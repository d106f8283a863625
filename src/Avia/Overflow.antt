-- ===== src/Avia/Overflow.antt =====
-- The interrupt of a queue: which queue it is about, and whether the chip has written over bytes that the
-- driver has not read yet.
use tuxbox_git_driver.Common.{
  ℕ, ◌+◌, ◌-◌, ◌*◌, ◌/◌, ◌%◌, ◌^◌, ◌≤◌, ◌<◌, ◌≡◌, ◌||◌, ◌&&◌, ◌==◌, not, Bool, true, false, none,
  some, arith, ltb, leb, if◌then◌else◌,
}
use tuxbox_git_driver.Circular.{used}
use tuxbox_git_driver.Avia.{Queue, queue_count, get_write_pos}
use tuxbox_git_driver.Avia.Get.{IsValid}

-- Whether avia_gt_dmx_queue_irq counts an overflow, with the new position of the hardware.
unfoldable pub overflows : ℕ → ℕ → ℕ → Bool
overflows read_pos old new =
    (ltb read_pos old && (leb read_pos new && ltb new old))
    || (ltb old read_pos && (leb read_pos new || ltb new old))

-- avia_gt_dmx_queue_irq on its queue, behind the search for it. The counts of interrupts and the mode with
-- fewer of them set only when the next interrupt comes, and are left out. The second component is the
-- callback that runs at once, or whether the task is queued.
pub data Raised : Type 0 where
  nothing : Raised
  at_once : ℕ → Raised
  task : Raised

unfoldable pub queue_irq : ℕ → Queue → Raised × Queue
queue_irq register q =
    let (pos, q₁) = get_write_pos register q in
    let q₂ = record q₁ { hw_write_pos = pos } in
    let count =
      if overflows q₂.read_pos q.hw_write_pos pos
      then (q.overflow_count + 1) % 2 ^ 8
      else q.overflow_count in
    let raised : Raised = elim q.irq_proc [
      | some p ↦ at_once p
      | none ↦ elim q.cb_proc [ some c ↦ task | none ↦ nothing ]
    ] in
    if not q.busy then (nothing, q) else (raised, record q₂ { overflow_count = count })

-- AVIA_GT_IRQ, _BIT and _REG
abbrev pub irq_of : ℕ → ℕ → ℕ
irq_of reg bit = reg % 2 ^ 8 * 2 ^ 8 + bit % 2 ^ 8

-- avia_gt_dmx_get_queue_irq on the eNX, or else on the GTX.
unfoldable pub get_queue_irq : Bool → ℕ → ℕ
get_queue_irq enx queue_nr =
    if leb queue_count queue_nr
    then 0
    else if enx
    then (if leb 17 queue_nr
        then irq_of 3 (queue_nr - 16)
        else if leb 2 queue_nr
        then irq_of 4 (queue_nr - 1)
        else irq_of 5 (queue_nr + 6))
    else irq_of (2 + queue_nr / 16 % 2) (queue_nr % 16)

-- The queue that avia_gt_dmx_queue_irq finds for an interrupt, an u8.
unfoldable pub queue_of_irq : Bool → ℕ → ℕ
queue_of_irq enx i =
    let bit = i % 2 ^ 8 in
    let nr = i / 2 ^ 8 % 2 ^ 8 in
    if enx
    then (if nr == 3
        then (bit + 16) % 2 ^ 8
        else if nr == 4
        then (bit + 1) % 2 ^ 8
        else if nr == 5
        then (bit + 250) % 2 ^ 8
        else queue_count)
    else ((nr + 254) * 16 + bit) % 2 ^ 8

-- On both chips, the interrupt that avia_gt_dmx_get_queue_irq gives for one of the 32 queues is the one for
-- which avia_gt_dmx_queue_irq finds this queue.
pub get_queue_irq_recovers :
    (enx : Bool) (queue_nr : ℕ)
    → queue_nr < queue_count
    → queue_of_irq enx (get_queue_irq enx queue_nr) ≡ queue_nr
unfolding queue_of_irq get_queue_irq
get_queue_irq_recovers true queue_nr h = ground arith
get_queue_irq_recovers false queue_nr h = ground arith

overflows_lem :
    (size r old new : ℕ)
    → r < size
    → old < size
    → new < size
    → overflows r old new ≡ leb size (used size r old + used size old new)
unfolding overflows
overflows_lem size r old new hr ho hn = ground arith

-- avia_gt_dmx_queue_irq on a valid queue in use, where the registers have the address of a place of the
-- queue: an overflow is counted exactly if the bytes that waited and those that the chip wrote since the
-- last interrupt, less than the size, are together as many as the queue has or more. The place is taken
-- over, and nothing of what the driver reads is touched.
pub queue_irq_lem :
    (register : ℕ) (q : Queue)
    → IsValid q
    → q.busy ≡ true
    → q.hw_write_pos < q.size
    → q.mem_addr ≤ register
    → register < q.mem_addr + q.size
    → q.mem_addr + q.size < 2 ^ 32
    → let new = register - q.mem_addr in
      let over =
        leb q.size (used q.size q.read_pos q.hw_write_pos + used q.size q.hw_write_pos new) in
      (queue_irq register q).1 ≡ record q {
        hw_write_pos = new;
        overflow_count = if over then (q.overflow_count + 1) % 2 ^ 8 else q.overflow_count;
      }
unfolding queue_irq get_write_pos
queue_irq_lem register q v busy old from below addressed =
    let new = register - q.mem_addr in
    ground (arith, v.small, v.read_in, overflows_lem q.size q.read_pos q.hw_write_pos new)
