-- ===== src/Avia/Put.antt =====
-- What the driver's writes add to a queue that the chip reads from.
use tuxbox_git_driver.Common.{
  ℕ, zero, suc, [], ◌∷◌, ap, ◌∙◌, ◌+◌, ◌-◌, ◌%◌, ◌^◌, ◌≤◌, ◌<◌, ◌≡◌, refl, sym, List, ◌++◌, Bool,
  true, arith, length, slice, take, drop, ltb, if◌then◌else◌, length-take, memcpy-nil,
}
use tuxbox_git_driver.Kernel.{UserMemory}
use tuxbox_git_driver.Circular
use tuxbox_git_driver.Circular.{
  used, wrap, store_at, store_at_fits, mod_wrap, contents-store_at, length-store_at,
}
use tuxbox_git_driver.Avia.{
  Queue, user_start, get_read_pos, bytes_free, copied_in, put_bytes, data_put,
}
use tuxbox_git_driver.Avia.Get.{IsValid}

-- What the chip has still to read of a queue, with its registers at an address of the queue.
abbrev pub unread : ℕ → Queue → List ℕ
unread register q = Circular.contents q.mem q.size (register - q.mem_addr) q.write_pos

pub record Reading (register : ℕ) (q : Queue) : Type 0 where
  pub valid : IsValid q
  pub system : q.index < user_start
  pub from : q.mem_addr ≤ register
  pub below : register < q.mem_addr + q.size
  pub addressed : q.mem_addr + q.size < 2 ^ 32

length-unread :
    {register : ℕ} {q : Queue}
    → Reading register q
    → length (unread register q) ≡ used q.size (register - q.mem_addr) q.write_pos
length-unread {register} {q} v =
    Circular.length-contents q.mem q.size v.valid.storage (register - q.mem_addr) q.write_pos
      (omega (arith, v.from, v.below)) v.valid.write_in

bytes_free_lem :
    {register : ℕ} {q : Queue}
    → Reading register q
    → bytes_free register q
      ≡ (q.size - 1 - length (unread register q), record q { hw_read_pos = register - q.mem_addr })
unfolding bytes_free get_read_pos
bytes_free_lem {register} {q} v = ground (
  arith,
  v.valid.small,
  v.valid.write_in,
  v.system,
  v.from,
  v.below,
  v.addressed,
  length-unread v,
)

take-take : (m n : ℕ) (xs : List ℕ) → m ≤ n → take m (take n xs) ≡ take m xs
take-take zero n xs h = refl
take-take (suc m) zero xs h = absurd (omega arith)
take-take (suc m) (suc n) [] h = refl
take-take (suc m) (suc n) (x ∷ xs) h = ap (◌∷◌ x) (take-take m n xs (omega arith))

take-nil : (n : ℕ) → take {A = ℕ} n [] ≡ []
take-nil zero = refl
take-nil (suc n) = refl

drop-take : (m n : ℕ) (xs : List ℕ) → drop m (take n xs) ≡ take (n - m) (drop m xs)
drop-take zero n xs = ap (λ k. take k xs) (omega arith)
drop-take (suc m) zero xs = let e : 0 - suc m ≡ 0 = omega arith in rw e refl
drop-take (suc m) (suc n) [] = sym (take-nil (suc n - suc m))
drop-take (suc m) (suc n) (x ∷ xs) = drop-take m n xs ∙ ap (λ k. take k (drop m xs)) (omega arith)

-- How many bytes a write puts into the queue.
abbrev pub accepted : ℕ → List ℕ → Queue → ℕ
accepted register src q =
    let free = q.size - 1 - length (unread register q) in
    if ltb free (length src) then free else length src

accepted_fits :
    {register : ℕ} {q : Queue} (src : List ℕ)
    → Reading register q
    → used q.size (register - q.mem_addr) q.write_pos + accepted register src q < q.size
accepted_fits src v = ground (arith, length-unread v, v.valid.write_in, v.from, v.below)

module _ (user : UserMemory) (usermem : Bool)
    (ok : (at : ℕ) (bytes : List ℕ) → usermem ≡ true → (user.copy_from_user at bytes).1 ≡ 0) where
  copied_in_lem : (at : ℕ) (bytes : List ℕ) → copied_in user usermem at bytes ≡ bytes
  copied_in_lem at bytes = ground (arith, ok at bytes, user.copied at bytes)

  put_bytes_lem :
      (n : ℕ) (src : List ℕ) (q : Queue)
      → n ≤ length src
      → n < q.size
      → q.write_pos < q.size
      → q.size < 2 ^ 31
      → put_bytes user n src usermem q ≡ record q {
        mem = store_at q.mem q.size q.write_pos (take n src);
        write_pos = wrap q.size (q.write_pos + n);
      }
  unfolding put_bytes store_at
  put_bytes_lem n src q h k wr small =
      let w = q.write_pos in
      let end = q.size - w in
      ground (
        arith,
        length-take n src,
        take-take end n src,
        drop-take end n src,
        memcpy-nil q.mem w,
        copied_in_lem 0 (take end src),
        copied_in_lem end (slice src end (n - end)),
        copied_in_lem 0 (slice src 0 n),
      )

  data_put_lem :
      {register : ℕ} {q : Queue} (src : List ℕ)
      → Reading register q
      → let n = accepted register src q in
        data_put user register src usermem q ≡ (
          n,
          record q {
            hw_read_pos = register - q.mem_addr;
            mem = store_at q.mem q.size q.write_pos (take n src);
            write_pos = wrap q.size (q.write_pos + n);
          },
        )
  unfolding data_put
  data_put_lem {register} {q} src v =
      let n = accepted register src q in
      rw (bytes_free_lem v) (
        ground (
          arith,
          v.system,
          accepted_fits src v,
          put_bytes_lem n src (record q { hw_read_pos = register - q.mem_addr }),
        ))

  -- avia_gt_dmx_queue_data_put on a valid system queue whose registers have the address of a place of
  -- it, with copies from user space that succeed: as many of the bytes as leave one place free, or all
  -- if there are fewer, come behind those that the chip has still to read; their number is the result,
  -- and the queue stays valid.
  pub data_put_refines :
      {register : ℕ} {q : Queue} (src : List ℕ)
      → Reading register q
      → let n = accepted register src q in
        let (ret, q') = data_put user register src usermem q in
        (ret ≡ n) × (unread register q' ≡ unread register q ++ take n src) × Reading register q'
  data_put_refines {register} {q} src v =
      let n = accepted register src q in
      let short : length (take n src) ≡ n = ground (arith, length-take n src) in
      let room : used q.size (register - q.mem_addr) q.write_pos + length (take n src) < q.size =
        rw short (accepted_fits src v) in
      let bound : q.write_pos + n < q.size + q.size =
        ground (arith, accepted_fits src v, v.valid.write_in) in
      let at : (q.write_pos + length (take n src)) % q.size ≡ wrap q.size (q.write_pos + n) =
        rw short (mod_wrap q.mem q.size v.valid.storage (q.write_pos + n) bound) in
      let reg : register - q.mem_addr < q.size = omega (arith, v.from, v.below) in
      rw (data_put_lem src v) (
        refl,
        rw (sym at) (
            contents-store_at q.mem q.size (register - q.mem_addr) q.write_pos (take n src)
              v.valid.storage reg v.valid.write_in room),
        record {
          valid = record {
            storage =
                rw (length-store_at q.mem q.size v.valid.storage q.write_pos (take n src))
                  v.valid.storage;
            small = v.valid.small;
            read_in = v.valid.read_in;
            write_in = ground (arith, bound);
            index_in = v.valid.index_in;
          };
          system = v.system;
          from = v.from;
          below = v.below;
          addressed = v.addressed;
        },
      )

> _Requirement_:
Reproduce each line of the data containing the word "that".

> _Task solution_:
-- The interrupt of a queue: which queue it is about, and whether the chip has written over bytes that the
-- callback that runs at once, or whether the task is queued.
-- The queue that avia_gt_dmx_queue_irq finds for an interrupt, an u8.
-- On both chips, the interrupt that avia_gt_dmx_get_queue_irq gives for one of the 32 queues is the one for
-- queue: an overflow is counted exactly if the bytes that waited and those that the chip wrote since the
-- What the driver's writes add to a queue that the chip reads from.
  -- it, with copies from user space that succeed: as many of the bytes as leave one place free, or all
  -- if there are fewer, come behind those that the chip has still to read; their number is the result,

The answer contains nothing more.